The Blue Crab individuals in our example dataset are juveniles, for which we found suitable data on metabolic rates from [S6]. Metabolic rates at 20 °C are found to be 0.0741 ml O2 g-1 h-1. Again, we need to use the 20.1 conversion factor to get from ml O2 g-1 h-1 to J h-1.

idat$mr[idat$species=="Callinectes sapidus"] <-
0.0741 *(idat$fw[idat$species=="Callinectes sapidus"]/1000) *20.1

Palaemonetes spp.

For the shrimp Palaemonetes spp., we found data from [S7]. They report metabolic rates of 46.5 µmol O2 g-1 h-1 at 25 °C and 17 ppt salinity, which is the closest we could get to the experimental conditions of our example dataset. We then use the above mentioned conversion factor from µmol O2 to ml O2 and the conversion from ml O2 to J.

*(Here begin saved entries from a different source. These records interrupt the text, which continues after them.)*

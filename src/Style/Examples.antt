-- ===== src/Style/Examples.antt =====
-- Runs of `check_style`, and its theorem at a concrete line.
use cs.Base.{ℕ, ◌≡◌, ◌∷◌, refl, Option, none, some, List, [], Text, codes, length}
use cs.CleansedLines.{CleansedLines}
use cs.Statements.{LineCall}
use cs.Nesting.{initial}
use cs.Style.{check_style}
use cs.Style.Run.{all_style}

abbrev width : Text → ℕ
width line = length line

abbrev of_lines : List Text → CleansedLines
of_lines lines = record {
  elided = lines;
  lines = lines;
  raw_lines = lines;
  num_lines = length lines;
  lines_without_raw_strings = lines;
}

abbrev file : CleansedLines
file = of_lines (
    codes ""
    ∷ codes "   if (a<b && c){return a+b;}; "
    ∷ codes "  while (x) {"
    ∷ codes "  };"
    ∷ codes "  if (operator+(a)==b) ;"
    ∷ codes "  CHECK(a == 1);"
    ∷ [])

abbrev number : Option (List LineCall) → Option ℕ
number none = none
number (some calls) = some (length calls)

crowded : number (check_style width 80 file 1 none initial) ≡ some 7
unfolding all_style
crowded = refl

trailing : number (check_style width 80 file 2 none initial) ≡ some 3
unfolding all_style
trailing = refl

checked : number (check_style width 80 file 5 none initial) ≡ some 1
unfolding all_style
checked = refl
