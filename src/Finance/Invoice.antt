-- ===== src/Finance/Invoice.antt =====
-- The state of an invoice: apps/api/src/modules/finance/calculator/invoice-status.ts. Times are
-- in milliseconds.
pub mod Status
use openlms.Base.{ℕ, Bool, true, false, ltb, if◌then◌else◌}
use openlms.Base.Int.{ℤ, ◌-ℤ◌, ltb_ℤ, eqb_ℤ}
use openlms.Payroll.Money.{zero_money, clamp_to_zero}

pub data ComputedInvoiceStatus : Type 0 where
  pending partial paid overdue carried_over : ComputedInvoiceStatus

pub record InvoiceTotalsInput : Type 0 where
  pub amount : ℤ
  pub discount : ℤ
  pub paid_sum : ℤ
  pub due_date : ℕ
  pub now : ℕ
  pub carried_over : Bool

pub record InvoiceTotals : Type 0 where
  pub net_amount : ℤ
  pub paid_amount : ℤ
  pub outstanding : ℤ
  pub status : ComputedInvoiceStatus

unfoldable pub compute_net_amount : ℤ → ℤ → ℤ
compute_net_amount amount discount = clamp_to_zero (amount -ℤ discount)

unfoldable pub status_of : InvoiceTotalsInput → ℤ → ComputedInvoiceStatus
status_of input outstanding =
    if input.carried_over
    then carried_over
    else if eqb_ℤ outstanding zero_money
    then paid
    else if ltb_ℤ zero_money input.paid_sum
    then (if ltb input.due_date input.now then overdue else partial)
    else (if ltb input.due_date input.now then overdue else pending)

unfoldable pub compute_invoice_totals : InvoiceTotalsInput → InvoiceTotals
compute_invoice_totals input =
    let net_amount = compute_net_amount input.amount input.discount in
    let outstanding = clamp_to_zero (net_amount -ℤ input.paid_sum) in
    record {
      net_amount = net_amount;
      paid_amount = input.paid_sum;
      outstanding = outstanding;
      status = status_of input outstanding;
    }
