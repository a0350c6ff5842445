-- ===== src/Finance/Invoice/Status.antt =====
-- What the status of an invoice says, and what a payment does to it:
-- apps/api/src/modules/finance/calculator/invoice-status.ts.
use openlms.Base.{◌≡◌, ◌↔◌, ◌≤◌, ◌<◌, true, false, arith}
use openlms.Base.Int.{ℤ, ◌+ℤ◌, ◌-ℤ◌, ◌≤ℤ◌, ◌<ℤ◌, eqb_ℤ, +ℤ_parts, -ℤ_parts, eq_of_parts}
use openlms.Payroll.Money.{zero_money, clamp_to_zero}
use openlms.Finance.Invoice.{
  InvoiceTotalsInput, pending, partial, paid, overdue, compute_net_amount, status_of,
  compute_invoice_totals,
}

-- The status of an invoice that is not carried over, in terms of its net amount, what is paid and
-- the date: it is paid exactly where the payments reach the net amount, overdue where they do not
-- and the date is past, partial where they do not but there are some, and pending where there are
-- none.
invoice_status_iff :
    (input : InvoiceTotalsInput)
    → input.carried_over ≡ false
    → let r = compute_invoice_totals input in
      ((r.status ≡ paid) ↔ (r.net_amount ≤ℤ input.paid_sum))
      × ((r.status ≡ overdue) ↔ ((input.paid_sum <ℤ r.net_amount) × (input.due_date < input.now)))
      × ((r.status ≡ partial) ↔ (
          (input.paid_sum <ℤ r.net_amount)
          × (input.now ≤ input.due_date)
          × (zero_money <ℤ input.paid_sum)))
      × ((r.status ≡ pending) ↔ (
          (input.paid_sum <ℤ r.net_amount)
          × (input.now ≤ input.due_date)
          × (input.paid_sum ≤ℤ zero_money)))
unfolding compute_invoice_totals status_of
invoice_status_iff input h =
    let net = compute_net_amount input.amount input.discount in
    (
      ground (arith, -ℤ_parts net input.paid_sum),
      ground (arith, -ℤ_parts net input.paid_sum),
      ground (arith, -ℤ_parts net input.paid_sum),
      ground (arith, -ℤ_parts net input.paid_sum),
    )

outstanding-lowered :
    (net before payment : ℤ)
    → zero_money ≤ℤ payment
    → payment ≤ℤ clamp_to_zero (net -ℤ before)
    → clamp_to_zero (net -ℤ (before +ℤ payment)) ≡ clamp_to_zero (net -ℤ before) -ℤ payment
outstanding-lowered net before payment low high =
    let owed = clamp_to_zero (net -ℤ before) in
    eq_of_parts (clamp_to_zero (net -ℤ (before +ℤ payment))) (owed -ℤ payment) (
      ground (
        arith,
        -ℤ_parts net before,
        +ℤ_parts before payment,
        -ℤ_parts net (before +ℤ payment),
        -ℤ_parts owed payment,
      ))

-- A further payment of at most what is owed on an invoice lowers what is owed by that payment, and
-- leaves the invoice paid exactly where it is all that was owed, unless the invoice is carried over.
pay_outstanding :
    (input : InvoiceTotalsInput) (payment : ℤ)
    → input.carried_over ≡ false
    → zero_money ≤ℤ payment
    → payment ≤ℤ (compute_invoice_totals input).outstanding
    → let r = compute_invoice_totals input in
      let after = compute_invoice_totals (record input { paid_sum = input.paid_sum +ℤ payment }) in
      (after.outstanding ≡ r.outstanding -ℤ payment)
      × ((after.status ≡ paid) ↔ (payment ≡ r.outstanding))
unfolding compute_invoice_totals status_of
pay_outstanding input payment h low high =
    let net = compute_net_amount input.amount input.discount in
    let owed = clamp_to_zero (net -ℤ input.paid_sum) in
    let lowered = outstanding-lowered net input.paid_sum payment low high in
    (
      lowered,
      (
        (λ e.
            let settled : eqb_ℤ (clamp_to_zero (net -ℤ (input.paid_sum +ℤ payment))) zero_money
                ≡ true =
              ground arith in
            eq_of_parts payment owed (ground (arith, lowered, -ℤ_parts owed payment))),
        (λ e.
            let settled : eqb_ℤ (clamp_to_zero (net -ℤ (input.paid_sum +ℤ payment))) zero_money
                ≡ true =
              ground (arith, lowered, -ℤ_parts owed payment) in
            ground arith),
      ),
    )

idat$mr[idat$species=="Palaemonetes spp."] <-
46.5 *(idat$fw[idat$species=="Palaemonetes spp."]/1000) *0.022391 *20.1

Hippolyte pleuracanthus

For this second shrimp species, we did not manage to find species-specific metabolic rate information. We thus decided to use the same scaling as for the other shrimp species, Palaemonetes spp..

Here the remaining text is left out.